Write out the whole listing exactly as it is written below.
++++++
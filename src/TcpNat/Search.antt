-- ===== src/TcpNat/Search.antt =====
-- The port search of crates/clash-tun/src/nat.rs against the arithmetic progression that it walks.
use rust_clash.Common.{
  ℕ, zero, suc, ◌+◌, ◌-◌, ◌%◌, ◌≤◌, ◌<◌, ◌≡◌, refl, ◌⊎◌, inl, inr, true, false, List, arith,
  contains_key, nat_eq, Bool-cases, ◌∙◌,
}
use rust_clash.TcpNat.{TcpSession, candidate, advance, search_port}

-- The index is 0, or a port of the range.
abbrev pub IsIndex : ℕ → Type 0
IsIndex i = (i ≡ 0) ⊎ ((10000 ≤ i) × (i < 65536))

-- The port at distance `k` from the index, round the 55536 ports from 10000 to 65535.
abbrev pub probe : ℕ → ℕ → ℕ
probe i k = 10000 + (candidate i - 10000 + k) % 55536

-- A found port and the index after it.
abbrev pub InRange : ℕ × ℕ → Type 0
InRange r = (10000 ≤ r.0) × (r.0 < 65536) × IsIndex r.1

pub advance-IsIndex : (i : ℕ) → IsIndex i → IsIndex (advance i)
advance-IsIndex i h = ground arith

candidate_range : (i : ℕ) → IsIndex i → (10000 ≤ candidate i) × (candidate i < 65536)
candidate_range i h = ground arith

probe-zero : (i : ℕ) → IsIndex i → candidate i ≡ probe i 0
probe-zero i h = ground arith

probe-suc : (i k : ℕ) → IsIndex i → probe (advance i) k ≡ probe i (suc k)
probe-suc i k h = ground arith

module _ (ports : List (ℕ × TcpSession)) where
  abbrev pub IsTaken : ℕ → Type 0
  IsTaken p = contains_key p ports ≡ true

  search_go :
      (n next i : ℕ)
      → IsTaken (candidate i)
      → search_port (suc n) ports next i ≡ search_port n ports (candidate i) (advance i)
  unfolding search_port
  search_go n next i t = rw t

  search_stop :
      (n next i : ℕ)
      → contains_key (candidate i) ports ≡ false
      → search_port (suc n) ports next i ≡ (candidate i, advance i)
  unfolding search_port
  search_stop n next i t = rw t

  search_end : (next i : ℕ) → (search_port 0 ports next i).0 ≡ next
  unfolding search_port
  search_end next i = refl

  search_end_index : (next i : ℕ) → (search_port 0 ports next i).1 ≡ i
  unfolding search_port
  search_end_index next i = refl

  search_zero : (next i : ℕ) → search_port 0 ports next i ≡ (next, i)
  unfolding search_port
  search_zero next i = refl

  -- Where the search ends, if it begins on a port of the range: in the range.
  search_InRange :
      (n next i : ℕ)
      → (10000 ≤ next) × (next < 65536)
      → IsIndex i
      → InRange (search_port n ports next i)
  search_InRange zero next i r h = rw search_zero (r.0, r.1, h)
  search_InRange (suc n) next i r h = elim (Bool-cases (contains_key (candidate i) ports)) [
    | inl t ↦
        rw (search_go n next i t)
          (search_InRange n (candidate i) (advance i) (candidate_range i h) (advance-IsIndex i h))
    | inr f ↦
        rw (search_stop n next i f)
          ((candidate_range i h).0, (candidate_range i h).1, advance-IsIndex i h)
  ]

  search_suc :
      (n next other i : ℕ) → search_port (suc n) ports next i ≡ search_port (suc n) ports other i
  unfolding search_port
  search_suc n next other i = refl

  pub search_port_range : (n next i : ℕ) → IsIndex i → InRange (search_port (suc n) ports next i)
  search_port_range n next i h =
      rw (search_suc n next 10000 i) (search_InRange (suc n) 10000 i (omega arith, omega arith) h)

  -- It ends on a taken port only if every port that it tried is taken.
  pub search_port-IsTaken :
      (n next i k : ℕ)
      → IsIndex i
      → IsTaken (search_port n ports next i).0
      → k < n
      → IsTaken (probe i k)
  search_port-IsTaken zero next i k h t lt = absurd (omega arith)
  search_port-IsTaken (suc n) next i zero h t lt =
      elim (Bool-cases (contains_key (candidate i) ports)) [
        | inl c ↦ rw (← probe-zero i h) c
        | inr f ↦ rw (← probe-zero i h) (rw (search_stop n next i f) at t)
      ]
  search_port-IsTaken (suc n) next i (suc k) h t lt =
      elim (Bool-cases (contains_key (candidate i) ports)) [
        | inl c ↦ rw (← probe-suc i k h) (
            search_port-IsTaken n (candidate i) (advance i) k (advance-IsIndex i h)
              (rw (search_go n next i c) at t) (omega arith))
        | inr f ↦ cc (rw (search_stop n next i f) at t)
      ]

  -- And it ends on the last port that it tried, if all are taken.
  pub search_port_full :
      (n next i : ℕ)
      → IsIndex i
      → ((k : ℕ) → k < suc n → IsTaken (probe i k))
      → (search_port (suc n) ports next i).0 ≡ probe i n
  search_port_full zero next i h t =
      rw (search_go 0 next i (rw (probe-zero i h) (t 0 (omega arith))), search_zero)
        (probe-zero i h)
  search_port_full (suc n) next i h t =
      rw (search_go (suc n) next i (rw (probe-zero i h) (t 0 (omega arith)))) (
        search_port_full n (candidate i) (advance i) (advance-IsIndex i h)
          (λ k lt. rw (probe-suc i k h) (t (suc k) (omega arith)))
        ∙ probe-suc i n h)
++++++
→ TASK SOLUTION:
filename src/TcpNat/Search.antt
-- ===== src/TcpNat/Search.antt =====
-- The port search of crates/clash-tun/src/nat.rs against the arithmetic progression that it walks.
use rust_clash.Common.{
  ℕ, zero, suc, ◌+◌, ◌-◌, ◌%◌, ◌≤◌, ◌<◌, ◌≡◌, refl, ◌⊎◌, inl, inr, true, false, List, arith,
  contains_key, nat_eq, Bool-cases, ◌∙◌,
}
use rust_clash.TcpNat.{TcpSession, candidate, advance, search_port}

-- The index is 0, or a port of the range.
abbrev pub IsIndex : ℕ → Type 0
IsIndex i = (i ≡ 0) ⊎ ((10000 ≤ i) × (i < 65536))

-- The port at distance `k` from the index, round the 55536 ports from 10000 to 65535.
abbrev pub probe : ℕ → ℕ → ℕ
probe i k = 10000 + (candidate i - 10000 + k) % 55536

-- A found port and the index after it.
abbrev pub InRange : ℕ × ℕ → Type 0
InRange r = (10000 ≤ r.0) × (r.0 < 65536) × IsIndex r.1

pub advance-IsIndex : (i : ℕ) → IsIndex i → IsIndex (advance i)
advance-IsIndex i h = ground arith

candidate_range : (i : ℕ) → IsIndex i → (10000 ≤ candidate i) × (candidate i < 65536)
candidate_range i h = ground arith

probe-zero : (i : ℕ) → IsIndex i → candidate i ≡ probe i 0
probe-zero i h = ground arith

probe-suc : (i k : ℕ) → IsIndex i → probe (advance i) k ≡ probe i (suc k)
probe-suc i k h = ground arith

module _ (ports : List (ℕ × TcpSession)) where
  abbrev pub IsTaken : ℕ → Type 0
  IsTaken p = contains_key p ports ≡ true

  search_go :
      (n next i : ℕ)
      → IsTaken (candidate i)
      → search_port (suc n) ports next i ≡ search_port n ports (candidate i) (advance i)
  unfolding search_port
  search_go n next i t = rw t

  search_stop :
      (n next i : ℕ)
      → contains_key (candidate i) ports ≡ false
      → search_port (suc n) ports next i ≡ (candidate i, advance i)
  unfolding search_port
  search_stop n next i t = rw t

  search_end : (next i : ℕ) → (search_port 0 ports next i).0 ≡ next
  unfolding search_port
  search_end next i = refl

  search_end_index : (next i : ℕ) → (search_port 0 ports next i).1 ≡ i
  unfolding search_port
  search_end_index next i = refl

  search_zero : (next i : ℕ) → search_port 0 ports next i ≡ (next, i)
  unfolding search_port
  search_zero next i = refl

  -- Where the search ends, if it begins on a port of the range: in the range.
  search_InRange :
      (n next i : ℕ)
      → (10000 ≤ next) × (next < 65536)
      → IsIndex i
      → InRange (search_port n ports next i)
  search_InRange zero next i r h = rw search_zero (r.0, r.1, h)
  search_InRange (suc n) next i r h = elim (Bool-cases (contains_key (candidate i) ports)) [
    | inl t ↦
        rw (search_go n next i t)
          (search_InRange n (candidate i) (advance i) (candidate_range i h) (advance-IsIndex i h))
    | inr f ↦
        rw (search_stop n next i f)
          ((candidate_range i h).0, (candidate_range i h).1, advance-IsIndex i h)
  ]

  search_suc :
      (n next other i : ℕ) → search_port (suc n) ports next i ≡ search_port (suc n) ports other i
  unfolding search_port
  search_suc n next other i = refl

  pub search_port_range : (n next i : ℕ) → IsIndex i → InRange (search_port (suc n) ports next i)
  search_port_range n next i h =
      rw (search_suc n next 10000 i) (search_InRange (suc n) 10000 i (omega arith, omega arith) h)

  -- It ends on a taken port only if every port that it tried is taken.
  pub search_port-IsTaken :
      (n next i k : ℕ)
      → IsIndex i
      → IsTaken (search_port n ports next i).0
      → k < n
      → IsTaken (probe i k)
  search_port-IsTaken zero next i k h t lt = absurd (omega arith)
  search_port-IsTaken (suc n) next i zero h t lt =
      elim (Bool-cases (contains_key (candidate i) ports)) [
        | inl c ↦ rw (← probe-zero i h) c
        | inr f ↦ rw (← probe-zero i h) (rw (search_stop n next i f) at t)
      ]
  search_port-IsTaken (suc n) next i (suc k) h t lt =
      elim (Bool-cases (contains_key (candidate i) ports)) [
        | inl c ↦ rw (← probe-suc i k h) (
            search_port-IsTaken n (candidate i) (advance i) k (advance-IsIndex i h)
              (rw (search_go n next i c) at t) (omega arith))
        | inr f ↦ cc (rw (search_stop n next i f) at t)
      ]

  -- And it ends on the last port that it tried, if all are taken.
  pub search_port_full :
      (n next i : ℕ)
      → IsIndex i
      → ((k : ℕ) → k < suc n → IsTaken (probe i k))
      → (search_port (suc n) ports next i).0 ≡ probe i n
  search_port_full zero next i h t =
      rw (search_go 0 next i (rw (probe-zero i h) (t 0 (omega arith))), search_zero)
        (probe-zero i h)
  search_port_full (suc n) next i h t =
      rw (search_go (suc n) next i (rw (probe-zero i h) (t 0 (omega arith)))) (
        search_port_full n (candidate i) (advance i) (advance-IsIndex i h)
          (λ k lt. rw (probe-suc i k h) (t (suc k) (omega arith)))
        ∙ probe-suc i n h)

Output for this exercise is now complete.